20.8.2 Where termination is for failure to achieve one or more Milestones by the applicable Milestone Date and such failure constitutes a material breach by Partner of its obligations under this Agreement, and that breach has not been remedied, Partner will return a sum equal to the CEPI funding that CEPI has paid to it for the then ongoing Work Package or Additional Work Package, as at the date of notice of termination (less the unspent funds, which are to be handled in accordance with Clause and also less funds which have been spent or reasonably committed to third parties) to CEPI within [*****] of the notice of termination.
20.9 Use of Platform and Project Vaccines by Partner. Consistent with other obligations in this Agreement, the Partner may at its discretion continue to use the Project Technology for any purpose.

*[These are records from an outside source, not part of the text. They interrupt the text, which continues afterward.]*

-- ===== src/Ae/Tests.antt =====
-- The theorems on the event loop at a concrete one.
use homemade.Prelude.{ℕ, ◌≡◌, refl, true, false, none, some, [], ◌∷◌, ◌⊎◌}
use homemade.Ae.Events.{FileEvent, TimeEvent, EventLoop, search_nearest_timer, nearest_of}
use homemade.Ae.Loop.{World}
use homemade.Ae.Laws.{NoneEarlier, Among, search_nearest_timer-NoneEarlier}

abbrev timer : ℕ → ℕ → ℕ → TimeEvent
timer id s ms = record { id = id; when_sec = s; when_ms = ms; time_proc = 0; client_data = 0 }

abbrev watch : ℕ → ℕ → FileEvent
watch fd mask = record { fd = fd; mask = mask; file_proc = 0; finalizer = true; client_data = fd }

abbrev busy : EventLoop
busy = record {
  time_event_next_id = 3;
  file_events = watch 5 1 ∷ watch 6 1 ∷ watch 5 1 ∷ [];
  time_events = timer 2 9 0 ∷ timer 1 7 300 ∷ timer 0 7 200 ∷ [];
  stop = false;
}

nearest_run : search_nearest_timer busy ≡ some (timer 0 7 200)
unfolding search_nearest_timer nearest_of
nearest_run = refl

abbrev idle_world : World
idle_world = record {
  select = λ n sets timeout. none;
  file_proc = λ fe mask el. el;
  time_proc = λ te el. (none, el);
  clock = λ tick. (7, tick);
}

search_nearest_timer-NoneEarlier_example :
    (busy.time_events ≡ []) × (search_nearest_timer busy ≡ none)
    ⊎ ((m : TimeEvent) × (search_nearest_timer busy ≡ some m)
        × NoneEarlier m busy.time_events
        × Among m busy.time_events)
search_nearest_timer-NoneEarlier_example = search_nearest_timer-NoneEarlier busy
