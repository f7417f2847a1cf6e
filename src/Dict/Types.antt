-- ===== src/Dict/Types.antt =====
-- `dictEntry`, `dictType` and the macros of redis/src/dict.h.
use homemade.Prelude.{ℕ, Bool, true, false, Option, none, some, List, [], ◌∷◌, bit_and}

pub record Entry (K V : Type 0) : Type 0 where
  pub key : K
  pub val : V

-- A NULL function pointer is `none`; `pointer_eq` is the comparison `(key1) == (key2)` that stands in
-- for a NULL `keyCompare`. Of a destructor only its presence matters here.
pub record DictType (K V : Type 0) : Type 0 where
  pub hash_function : K → ℕ
  pub key_dup : Option (K → K)
  pub val_dup : Option (V → V)
  pub key_compare : Option (K → K → Bool)
  pub pointer_eq : K → K → Bool
  pub key_destructor : Bool
  pub val_destructor : Bool

-- `DICT_OK` and `DICT_ERR`
pub data Status : Type 0 where
  dict_ok dict_err : Status

-- The value of an entry that was looked up.
abbrev pub value_of : {K V : Type 0} → Option (Entry K V) → Option V
value_of none = none
value_of (some e) = some e.val

-- A call of a destructor.
pub data Freed (K V : Type 0) : Type 0 where
  free_key : K → Freed K V
  free_val : V → Freed K V

abbrev pub Chain : Type 0 → Type 0 → Type 0
Chain K V = List (Entry K V)

-- `dict`, without `type` and `privdata`
pub record Dict (K V : Type 0) : Type 0 where
  pub table : List (Chain K V)
  pub size : ℕ
  pub sizemask : ℕ
  pub used : ℕ

abbrev pub initial_size : ℕ
initial_size = 16

-- The choice that the macros make between a callback and the plain value.
unfoldable pub dup_with : {A : Type 0} → Option (A → A) → A → A
dup_with none a = a
dup_with (some f) a = f a

unfoldable pub compare_with : {K : Type 0} → Option (K → K → Bool) → (K → K → Bool) → K → K → Bool
compare_with none pointers a b = pointers a b
compare_with (some f) pointers a b = f a b

module _ {K V : Type 0} (T : DictType K V) where
  unfoldable pub set_hash_key : K → K
  unfolding dup_with
  set_hash_key k = dup_with T.key_dup k

  unfoldable pub set_hash_val : V → V
  unfolding dup_with
  set_hash_val v = dup_with T.val_dup v

  unfoldable pub compare_hash_keys : K → K → Bool
  unfolding compare_with
  compare_hash_keys a b = compare_with T.key_compare T.pointer_eq a b

  unfoldable pub free_entry_key : Entry K V → List (Freed K V)
  free_entry_key e = elim T.key_destructor [ true ↦ free_key e.key ∷ [] | false ↦ [] ]

  unfoldable pub free_entry_val : Entry K V → List (Freed K V)
  free_entry_val e = elim T.val_destructor [ true ↦ free_val e.val ∷ [] | false ↦ [] ]

  -- the slot that `key` belongs to under a mask
  unfoldable pub slot_of : K → ℕ → ℕ
  slot_of k mask = bit_and (T.hash_function k) mask
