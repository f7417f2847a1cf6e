-- ===== src/Dict/Chain.antt =====
-- The walks of redis/src/dict.c along one bucket, and their laws.
use homemade.Prelude.{◌≡◌, true, Option, none, some, [], ◌∷◌, if◌then◌else◌}
use homemade.Dict.Types.{Entry, DictType, Chain, compare_hash_keys, set_hash_key}

module _ {K V : Type 0} (T : DictType K V) where
  -- the loop of `dictFind`
  unfoldable pub find_entry : K → Chain K V → Option (Entry K V)
  find_entry k [] = none
  find_entry k (e ∷ c) = if compare_hash_keys T k e.key then some e else find_entry k c

  -- the loop of `dictGenericDelete`: the entry is unlinked from its predecessor or from the slot
  unfoldable pub unlink : K → Chain K V → Chain K V
  unlink k [] = []
  unlink k (e ∷ c) = if compare_hash_keys T k e.key then c else e ∷ unlink k c

  -- a write of `val` to the entry that `dictFind` returned
  unfoldable pub write_val : K → V → Chain K V → Chain K V
  write_val k v [] = []
  write_val k v (e ∷ c) =
      if compare_hash_keys T k e.key then record e { val = v } ∷ c else e ∷ write_val k v c

-- What the callbacks have to promise: keys compare by an equivalence that the hash respects, and a
-- duplicate of a key compares equal to it.
pub record IsLawful {K V : Type 0} (T : DictType K V) : Type 0 where
  pub same_refl : (a : K) → compare_hash_keys T a a ≡ true
  pub same_symm : (a b : K) → compare_hash_keys T a b ≡ compare_hash_keys T b a
  pub same_trans :
      (a b c : K)
      → compare_hash_keys T a b ≡ true
      → compare_hash_keys T b c ≡ true
      → compare_hash_keys T a c ≡ true
  pub same-dup : (a : K) → compare_hash_keys T a (set_hash_key T a) ≡ true
  pub hash-same : (a b : K) → compare_hash_keys T a b ≡ true → T.hash_function a ≡ T.hash_function b
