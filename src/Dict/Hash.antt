-- ===== src/Dict/Hash.antt =====
-- The hash functions of redis/src/dict.c on `unsigned int`, 32 bits wide. Shifts and complements are
-- written as arithmetic.
use Prim.Native.Nat.{bit_xor}
use homemade.Prelude.{ℕ, zero, suc, ◌+◌, ◌-◌, ◌*◌, ◌/◌, ◌%◌, List, [], ◌∷◌}

-- `key << n`, for `p` the power 2 ^ n
abbrev shl32 : ℕ → ℕ → ℕ
shl32 key p = (key * p) % 4294967296

abbrev not32 : ℕ → ℕ
not32 x = 4294967295 - x

abbrev add32 : ℕ → ℕ → ℕ
add32 a b = (a + b) % 4294967296

-- `dictIntHashFunction`
unfoldable pub int_hash : ℕ → ℕ
int_hash key =
    let a = add32 key (not32 (shl32 key 32768)) in
    let b = bit_xor a (a / 1024) in
    let c = add32 b (shl32 b 8) in
    let d = bit_xor c (c / 64) in let e = add32 d (not32 (shl32 d 2048)) in bit_xor e (e / 65536)

-- `dictIdentityHashFunction`
unfoldable pub identity_hash : ℕ → ℕ
identity_hash key = key

unfoldable pub gen_hash_loop : ℕ → List ℕ → ℕ → ℕ
gen_hash_loop hash buf zero = hash
gen_hash_loop hash [] (suc len) = hash
gen_hash_loop hash (c ∷ buf) (suc len) =
    gen_hash_loop (add32 (add32 (shl32 hash 32) hash) c) buf len

-- `dictGenHashFunction` over the first `len` bytes of `buf`, which has at least as many
unfoldable pub gen_hash : List ℕ → ℕ → ℕ
unfolding gen_hash_loop
gen_hash buf len = gen_hash_loop 5381 buf len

20.10 Effects of Termination where CEPI is the Defaulting Party. Where termination occurs prior to the end of the Project Term, CEPI shall make all payments agreed to be made for any Work Package in regard to expenditures that have been committed by the Partner.
20.11 Project Technology. Subject to Clauses 13 and 20, the Partner may at its discretion use the Project Technology for any purpose.
20.12 Survival of Clauses.
20.12.1 Termination and expiry of this Agreement howsoever arising shall be without prejudice to the rights and duties of either Party accrued prior to termination. The Clauses in this Agreement which expressly or impliedly have effect after or notwithstanding termination (including Clauses 1, 3.12, 3.13, 3.15, 3.16, 4.6, 8 (except where Clause 20.2 applies), 11 to 17 inclusive, 18.4, 18.5, 18.6, 18.7, 18.8, 20 to 22 inclusive shall continue to be enforceable notwithstanding termination. Unless otherwise agreed, the Parties shall not enter into any further Work Package Statements after the date of termination.
20.12.2 If the Partner terminates this Agreement during or after the Project Term for cause, owing to a material and unrepaired breach by CEPI, the licenses granted under this Agreement shall terminate and the survival under this Clause 20.11 shall not apply.
20.13 Clinical Trial Wind–down. Where at the date of termination there is an on–going clinical trial, unless agreed otherwise by the Parties in writing, the Partner shall procure that no further trial subjects are entered into the clinical trial, and the JMAG and TSC shall work together to plan for the appropriate and ethical completion or wind–down of Development activities in an orderly fashion, with due regard for patient safety and the rights of any subjects that are participants in clinical trial and in consultation with any relevant ethical committee.